Data extract START

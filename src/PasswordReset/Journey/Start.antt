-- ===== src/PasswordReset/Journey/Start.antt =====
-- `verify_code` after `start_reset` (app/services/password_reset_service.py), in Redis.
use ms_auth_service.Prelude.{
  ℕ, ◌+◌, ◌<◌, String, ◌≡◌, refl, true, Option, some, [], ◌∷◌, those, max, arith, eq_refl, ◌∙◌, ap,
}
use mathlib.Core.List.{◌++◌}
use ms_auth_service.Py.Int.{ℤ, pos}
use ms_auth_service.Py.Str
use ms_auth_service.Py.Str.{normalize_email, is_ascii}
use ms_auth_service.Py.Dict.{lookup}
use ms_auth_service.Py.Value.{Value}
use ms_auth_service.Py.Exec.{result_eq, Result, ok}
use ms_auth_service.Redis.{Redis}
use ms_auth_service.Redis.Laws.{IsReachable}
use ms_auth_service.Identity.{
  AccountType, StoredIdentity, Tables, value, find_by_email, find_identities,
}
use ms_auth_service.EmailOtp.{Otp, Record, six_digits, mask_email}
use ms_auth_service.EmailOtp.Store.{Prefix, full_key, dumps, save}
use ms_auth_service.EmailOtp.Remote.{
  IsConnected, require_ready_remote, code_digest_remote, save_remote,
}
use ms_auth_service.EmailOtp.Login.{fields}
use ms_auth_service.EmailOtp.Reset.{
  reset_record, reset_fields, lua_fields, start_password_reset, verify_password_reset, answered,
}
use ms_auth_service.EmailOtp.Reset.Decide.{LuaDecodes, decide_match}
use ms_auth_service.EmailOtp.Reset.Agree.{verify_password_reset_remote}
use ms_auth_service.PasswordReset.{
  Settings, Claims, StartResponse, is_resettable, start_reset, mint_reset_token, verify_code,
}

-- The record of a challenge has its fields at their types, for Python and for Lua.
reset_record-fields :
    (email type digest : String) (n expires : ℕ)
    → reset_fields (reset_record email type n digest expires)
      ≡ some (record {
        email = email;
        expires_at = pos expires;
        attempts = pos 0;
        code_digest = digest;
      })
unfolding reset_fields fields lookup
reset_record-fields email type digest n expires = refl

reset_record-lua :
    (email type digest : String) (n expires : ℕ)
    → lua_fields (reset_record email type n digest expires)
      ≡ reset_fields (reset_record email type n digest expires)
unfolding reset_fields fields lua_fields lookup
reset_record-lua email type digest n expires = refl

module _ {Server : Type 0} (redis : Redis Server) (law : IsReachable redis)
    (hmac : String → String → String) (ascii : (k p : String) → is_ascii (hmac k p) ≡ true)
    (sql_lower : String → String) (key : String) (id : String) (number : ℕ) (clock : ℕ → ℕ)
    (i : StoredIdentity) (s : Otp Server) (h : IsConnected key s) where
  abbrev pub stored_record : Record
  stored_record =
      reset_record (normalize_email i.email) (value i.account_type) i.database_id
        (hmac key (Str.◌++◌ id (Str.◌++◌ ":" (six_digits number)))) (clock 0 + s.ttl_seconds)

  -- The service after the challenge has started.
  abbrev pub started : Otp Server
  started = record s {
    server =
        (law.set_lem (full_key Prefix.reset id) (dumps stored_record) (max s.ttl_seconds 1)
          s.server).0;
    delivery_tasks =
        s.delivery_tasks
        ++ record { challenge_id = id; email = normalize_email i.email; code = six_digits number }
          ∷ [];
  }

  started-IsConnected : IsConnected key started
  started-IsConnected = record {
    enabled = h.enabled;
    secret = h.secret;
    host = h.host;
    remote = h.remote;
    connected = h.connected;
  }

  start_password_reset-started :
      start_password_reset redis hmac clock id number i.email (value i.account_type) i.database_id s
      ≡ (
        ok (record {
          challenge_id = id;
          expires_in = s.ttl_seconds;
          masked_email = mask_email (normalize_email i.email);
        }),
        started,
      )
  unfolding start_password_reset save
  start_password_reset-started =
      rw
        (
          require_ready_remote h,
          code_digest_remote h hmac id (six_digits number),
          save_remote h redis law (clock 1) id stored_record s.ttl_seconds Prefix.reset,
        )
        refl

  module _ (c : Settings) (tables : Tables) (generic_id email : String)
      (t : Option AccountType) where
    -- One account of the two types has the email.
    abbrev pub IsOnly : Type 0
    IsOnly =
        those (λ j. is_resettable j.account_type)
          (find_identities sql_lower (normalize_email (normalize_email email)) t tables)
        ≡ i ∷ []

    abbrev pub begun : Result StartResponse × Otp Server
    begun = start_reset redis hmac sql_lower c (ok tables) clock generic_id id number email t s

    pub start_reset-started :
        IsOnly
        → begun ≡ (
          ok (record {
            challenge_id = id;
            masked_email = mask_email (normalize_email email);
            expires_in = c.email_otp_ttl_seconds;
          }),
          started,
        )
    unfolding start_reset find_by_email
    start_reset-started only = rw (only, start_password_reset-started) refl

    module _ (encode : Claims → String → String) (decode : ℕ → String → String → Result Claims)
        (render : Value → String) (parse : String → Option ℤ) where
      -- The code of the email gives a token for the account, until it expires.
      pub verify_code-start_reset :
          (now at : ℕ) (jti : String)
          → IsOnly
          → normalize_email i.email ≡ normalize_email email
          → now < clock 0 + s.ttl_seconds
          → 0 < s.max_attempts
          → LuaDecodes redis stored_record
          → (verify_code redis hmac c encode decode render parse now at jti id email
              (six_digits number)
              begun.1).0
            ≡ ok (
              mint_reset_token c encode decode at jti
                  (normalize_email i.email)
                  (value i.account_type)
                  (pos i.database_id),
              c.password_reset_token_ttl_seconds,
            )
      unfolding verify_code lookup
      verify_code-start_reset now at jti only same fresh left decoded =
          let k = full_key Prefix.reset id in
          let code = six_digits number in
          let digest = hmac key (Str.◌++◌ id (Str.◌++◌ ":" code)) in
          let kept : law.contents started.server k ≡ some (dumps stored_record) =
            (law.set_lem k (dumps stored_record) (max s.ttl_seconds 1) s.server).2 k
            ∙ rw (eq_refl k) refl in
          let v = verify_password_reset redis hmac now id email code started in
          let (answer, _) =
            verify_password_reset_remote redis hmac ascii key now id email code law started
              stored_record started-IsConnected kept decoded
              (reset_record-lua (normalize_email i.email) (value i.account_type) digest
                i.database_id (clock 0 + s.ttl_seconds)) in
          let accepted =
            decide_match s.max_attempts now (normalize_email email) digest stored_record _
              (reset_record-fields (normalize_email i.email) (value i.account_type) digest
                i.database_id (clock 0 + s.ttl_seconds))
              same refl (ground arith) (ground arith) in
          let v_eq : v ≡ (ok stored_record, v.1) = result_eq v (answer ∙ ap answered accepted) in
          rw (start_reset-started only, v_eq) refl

Data extract END
Data extract START

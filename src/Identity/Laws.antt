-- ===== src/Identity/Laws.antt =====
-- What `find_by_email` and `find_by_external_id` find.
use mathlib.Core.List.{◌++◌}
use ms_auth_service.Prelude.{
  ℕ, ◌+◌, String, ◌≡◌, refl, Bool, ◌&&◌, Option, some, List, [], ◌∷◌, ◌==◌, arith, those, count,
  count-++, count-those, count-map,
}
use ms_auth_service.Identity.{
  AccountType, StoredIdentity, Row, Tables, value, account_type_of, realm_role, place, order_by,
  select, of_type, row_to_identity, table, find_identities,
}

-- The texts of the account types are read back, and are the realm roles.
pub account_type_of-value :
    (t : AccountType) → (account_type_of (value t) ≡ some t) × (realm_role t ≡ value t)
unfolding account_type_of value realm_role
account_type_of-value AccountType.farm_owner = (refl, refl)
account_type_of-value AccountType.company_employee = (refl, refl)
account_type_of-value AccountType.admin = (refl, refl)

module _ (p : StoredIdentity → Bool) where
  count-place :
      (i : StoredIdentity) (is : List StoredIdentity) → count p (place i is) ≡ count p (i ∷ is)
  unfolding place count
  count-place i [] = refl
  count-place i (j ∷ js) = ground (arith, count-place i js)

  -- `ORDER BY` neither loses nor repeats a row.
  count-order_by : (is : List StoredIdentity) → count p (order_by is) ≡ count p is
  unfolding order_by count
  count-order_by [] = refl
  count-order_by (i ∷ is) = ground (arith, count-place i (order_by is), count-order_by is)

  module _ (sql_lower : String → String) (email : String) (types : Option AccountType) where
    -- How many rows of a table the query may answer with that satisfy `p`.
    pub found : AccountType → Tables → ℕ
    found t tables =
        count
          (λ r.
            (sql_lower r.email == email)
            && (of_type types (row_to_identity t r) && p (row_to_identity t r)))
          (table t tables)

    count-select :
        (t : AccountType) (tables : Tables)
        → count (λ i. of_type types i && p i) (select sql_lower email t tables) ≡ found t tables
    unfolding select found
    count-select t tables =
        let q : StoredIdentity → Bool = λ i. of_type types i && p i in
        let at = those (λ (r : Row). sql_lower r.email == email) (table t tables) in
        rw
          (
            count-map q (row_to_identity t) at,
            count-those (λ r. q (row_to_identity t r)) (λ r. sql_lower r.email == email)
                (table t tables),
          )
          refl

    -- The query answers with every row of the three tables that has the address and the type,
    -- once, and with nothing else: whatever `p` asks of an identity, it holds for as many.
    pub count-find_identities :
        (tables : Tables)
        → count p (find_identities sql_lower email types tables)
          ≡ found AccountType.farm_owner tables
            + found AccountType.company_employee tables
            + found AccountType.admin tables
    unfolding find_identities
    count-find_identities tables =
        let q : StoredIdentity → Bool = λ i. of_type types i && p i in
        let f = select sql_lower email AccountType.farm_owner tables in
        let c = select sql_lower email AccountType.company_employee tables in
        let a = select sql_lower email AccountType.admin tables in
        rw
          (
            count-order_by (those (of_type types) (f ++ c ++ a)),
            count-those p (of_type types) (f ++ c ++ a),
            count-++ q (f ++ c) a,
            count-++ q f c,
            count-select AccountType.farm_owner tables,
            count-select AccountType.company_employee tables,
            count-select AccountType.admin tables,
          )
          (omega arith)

Data extract END

Exercise details:
Could you restate word for word the lines above from the one containing "mint_reset_token c encode" through the one containing "let (answer, _)", both included, and nothing else?

Written reply:
              mint_reset_token c encode decode at jti
                  (normalize_email i.email)
                  (value i.account_type)
                  (pos i.database_id),
              c.password_reset_token_ttl_seconds,
            )
      unfolding verify_code lookup
      verify_code-start_reset now at jti only same fresh left decoded =
          let k = full_key Prefix.reset id in
          let code = six_digits number in
          let digest = hmac key (Str.◌++◌ id (Str.◌++◌ ":" code)) in
          let kept : law.contents started.server k ≡ some (dumps stored_record) =
            (law.set_lem k (dumps stored_record) (max s.ttl_seconds 1) s.server).2 k
            ∙ rw (eq_refl k) refl in
          let v = verify_password_reset redis hmac now id email code started in
          let (answer, _) =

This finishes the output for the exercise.